Solved – non-normal data for two-way ANOVA, which transformation to choose

anova

I need to perform a two-way ANOVA on my data. My data is from a non-normal population. Apparently there is no two or three factor test for non-normal populations. I realized I need to transform my data, but I'm unsure about which transformation to perform on my data, I don't know which is the most appropriate. I don't know what is the criteria to choose one from the transformation list of possibilities?

Best Answer

Transformation that will change the shape leaves you no longer comparing means. If you really want to compare means you may want to avoid transform (there can be some particular exceptions where, at least with some accompanying assumptions, you can compute or approximate the means on the original scale as well).

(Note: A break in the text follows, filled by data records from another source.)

-- ===== src/Agent/Rounds/Cpu.antt =====
-- The loop of streamCPU (cmd/agent/collector.go), and what it logs while the collector answers.
use vkr_public.Base.{
  ℕ, String, ◌≡◌, refl, ◌∙◌, Bool, true, false, Option, none, some, List, [], ◌∷◌, ◌++◌, arith,
  if◌then◌else◌, ap, Option-cases, inl, inr,
}
use vkr_public.Float64.{Float64, FloatOps}
use vkr_public.Agent.Edge.{edge, edges}
use vkr_public.Agent.Edge.Alternation.{warnings, edges_start}
use vkr_public.Agent.Send.{Agent, Surroundings, Result, send}
use vkr_public.Agent.Send.Streak.{
  log_levels, send_log-levels, after_success-levels, log_levels-append,
}
use vkr_public.Agent.Rounds.{
  Round, warn_if, cpu_round, pt, host_labels, percent_message, value_fields,
}
use vkr_public.Agent.Client.{MetricPoint}
use vkr_public.Base.{StringMap}

-- A pass of the loop: the threshold and the number of CPUs of its moment, and the measurement.
pub record CpuSample : Type 0 where
  pub round : Round
  pub threshold : Float64
  pub counts : ℕ
  pub percent : Option Float64

unfoldable pub cpu_loop : FloatOps → List CpuSample → Bool → Agent → Result
unfolding cpu_round
cpu_loop ops [] warned a = (a, [])
cpu_loop ops (x ∷ xs) warned a =
    let (warned', (a', calls)) = cpu_round ops x.round x.threshold x.counts x.percent warned a in
    let (a'', more) = cpu_loop ops xs warned' a' in (a'', calls ++ more)

-- The measurements that succeeded, each with its threshold.
abbrev pub samples_of : List CpuSample → List (Float64 × Float64)
samples_of [] = []
samples_of (x ∷ xs) = elim x.percent [
  | none ↦ samples_of xs
  | some percent ↦ (x.threshold, percent) ∷ samples_of xs
]

abbrev pub warn_levels : List Bool → List String
warn_levels [] = []
warn_levels (fire ∷ fires) = if fire then "warn" ∷ warn_levels fires else warn_levels fires

-- Each batch of the run reaches the collector.
abbrev pub AllReach : List CpuSample → Type 0
AllReach [] = Unit
AllReach (x ∷ xs) = (x.round.outcome ≡ none) × AllReach xs

warn_if-levels :
    (b : Bool) (w : Surroundings) (message : String) (fields : StringMap) (a : Agent)
    → (log_levels (warn_if b w message fields a).1 ≡ (if b then "warn" ∷ [] else []))
      × ((warn_if b w message fields a).0.fail_count ≡ a.fail_count)
unfolding warn_if
warn_if-levels false w message fields a = (refl, refl)
warn_if-levels true w message fields a = send_log-levels w "warn" message a.session_id fields a

send-levels :
    (w : Surroundings) (fresh : String) (m : MetricPoint) (ms : List MetricPoint) (a : Agent)
    → a.fail_count ≡ 0
    → (log_levels (send w fresh m ms none a).1 ≡ []) × ((send w fresh m ms none a).0.fail_count ≡ 0)
unfolding send
send-levels w fresh m ms a h =
    let (levels, count) = after_success-levels w a (omega (arith, h)) in (levels ∙ rw h refl, count)

pub pass-levels :
    (w : Surroundings) (fresh : String) (m : MetricPoint) (ms : List MetricPoint) (b : Bool)
    (w' : Surroundings) (message : String) (fields : StringMap) (a : Agent)
    → a.fail_count ≡ 0
    → let sent = send w fresh m ms none a in
      let warned = warn_if b w' message fields sent.0 in
      (log_levels (sent.1 ++ warned.1) ≡ (if b then "warn" ∷ [] else []))
      × (warned.0.fail_count ≡ 0)
pass-levels w fresh m ms b w' message fields a h =
    let sent = send w fresh m ms none a in
    let (levels, count) = send-levels w fresh m ms a h in
    let (more, same) = warn_if-levels b w' message fields sent.0 in
    (rw (log_levels-append, levels) more, same ∙ count)

-- A measured pass logs a warning where the edge says so, and nothing else.
cpu_round-levels :
    (ops : FloatOps) (r : Round) (threshold percent : Float64) (counts : ℕ) (warned : Bool)
    (a : Agent)
    → r.outcome ≡ none
    → a.fail_count ≡ 0
    → let (warned', (a', calls)) = cpu_round ops r threshold counts (some percent) warned a in
      (warned' ≡ (edge threshold percent warned).0)
      × (log_levels calls ≡ (if (edge threshold percent warned).1 then "warn" ∷ [] else []))
      × (a'.fail_count ≡ 0)
unfolding cpu_round
cpu_round-levels ops r threshold percent counts warned a reached h =
    let (levels, count) =
      pass-levels r.sending r.fresh (pt "cpu_usage_percent" percent (host_labels r.sending) r.now a)
        (pt "cpu_count" (ops.of_uint counts) (host_labels r.sending) r.now a ∷ [])
        (edge threshold percent warned).1 r.warning
        (percent_message "high CPU usage: " (ops.text_1 percent))
        (value_fields r.warning (ops.text_1 percent)) a h in
    rw reached (refl, levels, count)

pub warn_levels-cons :
    (b : Bool) (fires : List Bool)
    → (if b then "warn" ∷ [] else []) ++ warn_levels fires ≡ warn_levels (b ∷ fires)
warn_levels-cons true fires = refl
warn_levels-cons false fires = refl

cpu_loop-levels :
    (ops : FloatOps) (xs : List CpuSample) (warned : Bool) (a : Agent)
    → AllReach xs
    → a.fail_count ≡ 0
    → log_levels (cpu_loop ops xs warned a).1 ≡ warn_levels (edges (samples_of xs) warned)
unfolding cpu_loop edges
cpu_loop-levels ops [] warned a reached h = refl
cpu_loop-levels ops (x ∷ xs) warned a (reached, others) h = elim (Option-cases x.percent) [
  | inl e ↦ rw e (unfold cpu_round in cpu_loop-levels ops xs warned a others h)
  | inr (percent, e) ↦
      let next = cpu_round ops x.round x.threshold x.counts (some percent) warned a in
      let (flag, levels, count) =
        cpu_round-levels ops x.round x.threshold percent x.counts warned a reached h in
      rw (e, log_levels-append, levels, cpu_loop-levels ops xs next.0 next.1.0 others count, flag)
        (warn_levels-cons (edge x.threshold percent warned).1
          (edges (samples_of xs) (edge x.threshold percent warned).0))
]

-- While every batch reaches the collector and none failed before, a run of the CPU loop logs
-- exactly one warning for each sample that reaches its threshold when the last sample above or
-- below its own, if there was one, was below it, and nothing else.
pub cpu_loop-warnings :
    (ops : FloatOps) (xs : List CpuSample) (a : Agent)
    → AllReach xs
    → a.fail_count ≡ 0
    → log_levels (cpu_loop ops xs false a).1 ≡ warn_levels (warnings [] (samples_of xs))
cpu_loop-warnings ops xs a reached h =
    cpu_loop-levels ops xs false a reached h ∙ ap warn_levels (edges_start (samples_of xs))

If you don't need an estimate of the difference in means on the original scale (i.e. if effect sizes aren't critical to your analysis), then full-factorial models (i.e. with all interactions present) may work well enough with transformation.

If you are happy with more general location-comparisons than just means, there are other alternatives than transformation.

If you do want to compare means there are other alternatives than transformation. I'm not saying 'never use transformation'... but 'consider alternatives'.

Apparently there is no two or three factor test for non-normal populations.

This is untrue. This could be done with GLMs for example. Or via resampling.


Non-normality may not be the biggest issue you have (heteroskedasticity tends to have a bigger impact, one that doesn't diminish so nicely with sample size)

A nonlinear transformation will change many things. In your case, the important ones are distributional shape, variance of the transformed variables, and what means on the transformed scale correspond to on the original scale and vice versa. (In a regression situation there's also the impact on linearity of relationships)

You might choose a transformation that takes you to nearly constant variance. You might choose one that takes you to near symmetry. You might choose one that does either of those things less well, but is more interpretable.

If you're very lucky, you might be in a situation that gets you more than one of those at once.

But again, my advice is to first consider alternatives. As a first step, you might want to investigate what could be done with GLMs.

What are the characteristics of your data? What makes you say they're non-normal? Do you have counts? Are the data highly skew*?

* note that its not the unconditional distribution of the response that's crucial, but the conditional distribution.